┌─ Provided records

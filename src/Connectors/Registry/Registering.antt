-- ===== src/Connectors/Registry/Registering.antt =====
-- When a registration succeeds, and what it leaves.
use memapp.Prelude.{
  ℕ, String, ◌≡◌, refl, ap, ◌∙◌, ◌↔◌, ◌⊎◌, inl, inr, Bool, true, false, not, ◌&&◌, Option, none,
  some, List, [], ◌∷◌, arith, ◌==◌, eqb, if◌then◌else◌, is_empty,
}
use memapp.Prelude.Dict.{Dict, find, put, find-put, some-inj}
use memapp.Prelude.Result.{ok, value_error, both_returned, if_ok, unless_err}
use memapp.Enums.{check_source_id, source_id_re}
use memapp.Prelude.Texts.{codes}
use memapp.Connectors.Registry.{ConnectorSpec, taken, scopes_without_oauth, place, register}

scopes_cases :
    (scopes : List String) (oauth : Bool)
    → ((not (is_empty scopes) && not oauth) ≡ false) ↔ ((scopes ≡ []) ⊎ (oauth ≡ true))
scopes_cases [] oauth = (λ h. inl refl, λ h. refl)
scopes_cases (s ∷ scopes) true = (λ h. inr refl, λ h. refl)
scopes_cases (s ∷ scopes) false =
    (λ h. absurd cc, λ h. elim h [ inl e ↦ absurd cc | inr e ↦ absurd cc ])

same_number : (a b : ℕ) → not (eqb a b) ≡ false → a ≡ b
same_number a b h = ground arith

number_same : (a b : ℕ) → a ≡ b → not (eqb a b) ≡ false
number_same a b h = ground arith

module _ {Settings Connector : Type 0} where
  -- What registration asks of a spec: a valid id, scopes only with OAuth, and an id under which nothing is
  -- registered, or the same object
  pub record IsAcceptable (spec : ConnectorSpec Settings Connector)
      (specs : Dict (ConnectorSpec Settings Connector)) : Type 0 where
    pub valid : source_id_re (codes spec.source_id) ≡ true
    pub scopes : (spec.oauth_scopes ≡ []) ⊎ (spec.requires_oauth ≡ true)
    pub free :
        (find spec.source_id specs ≡ none)
        ⊎ ((there : ConnectorSpec Settings Connector) × ((find spec.source_id specs ≡ some there)
              × (there.identity ≡ spec.identity)))

  scopes_iff :
      (spec : ConnectorSpec Settings Connector)
      → (scopes_without_oauth spec ≡ false)
        ↔ ((spec.oauth_scopes ≡ []) ⊎ (spec.requires_oauth ≡ true))
  scopes_iff spec = scopes_cases spec.oauth_scopes spec.requires_oauth

  free_iff :
      (spec : ConnectorSpec Settings Connector) (o : Option (ConnectorSpec Settings Connector))
      → (taken o spec ≡ false) ↔ (
          (o ≡ none)
          ⊎ ((there : ConnectorSpec Settings Connector) × ((o ≡ some there)
                × (there.identity ≡ spec.identity))))
  free_iff spec none = (λ h. inl refl, λ h. refl)
  free_iff spec (some there) = (
    λ h. inr (there, (refl, same_number there.identity spec.identity h)),
    λ h. elim h [
      | inl e ↦ absurd cc
      | inr (s, (e, same)) ↦
          let e' : there.identity ≡ s.identity =
            ap (λ (x : ConnectorSpec Settings Connector). x.identity) (some-inj e) in
          number_same there.identity spec.identity (e' ∙ same)
    ],
  )

  -- The registry after: the spec under its id, and every other id as it was
  abbrev pub Adds :
      ConnectorSpec Settings Connector
      → Dict (ConnectorSpec Settings Connector)
      → Dict (ConnectorSpec Settings Connector)
      → Type 0
  Adds spec specs after =
      (j : String) → find j after ≡ (if spec.source_id == j then some spec else find j specs)

  -- A spec is registered exactly when its id is valid, it has no scopes or requires OAuth, and nothing or
  -- the same object is registered under its id; then it is found under its id and what every other id finds is unchanged.
  pub register_iff :
      (spec : ConnectorSpec Settings Connector) (specs : Dict (ConnectorSpec Settings Connector))
      → IsAcceptable spec specs ↔ (
          (after : Dict (ConnectorSpec Settings Connector)) × ((register spec specs ≡ ok after)
            × Adds spec specs after))
  unfolding register check_source_id
  register_iff spec specs = (
    λ h. (
      put spec.source_id spec specs,
      (
        rw
            (
              h.valid,
              (scopes_iff spec).1 h.scopes,
              (free_iff spec (find spec.source_id specs)).1 h.free,
            )
            refl,
        λ j. find-put spec.source_id j spec specs,
      ),
    ),
    λ p. accepted p.1.0,
  )
    where
      accepted :
          {after : Dict (ConnectorSpec Settings Connector)}
          → register spec specs ≡ ok after
          → IsAcceptable spec specs
      accepted e =
          let (valid, (e1, rest)) =
            both_returned (check_source_id spec.source_id) (λ valid. place spec specs) e in
          let (scopes, placed) = unless_err (scopes_without_oauth spec) _ value_error rest in
          let (free, done) =
            unless_err (taken (find spec.source_id specs) spec) _ value_error placed in
          record {
            valid = (if_ok (source_id_re (codes spec.source_id)) spec.source_id value_error e1).0;
            scopes = (scopes_iff spec).0 scopes;
            free = (free_iff spec (find spec.source_id specs)).0 free;
          }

└─

[Task to carry out]
Would you quote everything above from the line containing "λ h. inr (there, (refl, same_number" down to the line containing "ap (λ (x : ConnectorSpec"? Include both of those lines and nothing else.

[Answer]
    λ h. inr (there, (refl, same_number there.identity spec.identity h)),
    λ h. elim h [
      | inl e ↦ absurd cc
      | inr (s, (e, same)) ↦
          let e' : there.identity ≡ s.identity =
            ap (λ (x : ConnectorSpec Settings Connector). x.identity) (some-inj e) in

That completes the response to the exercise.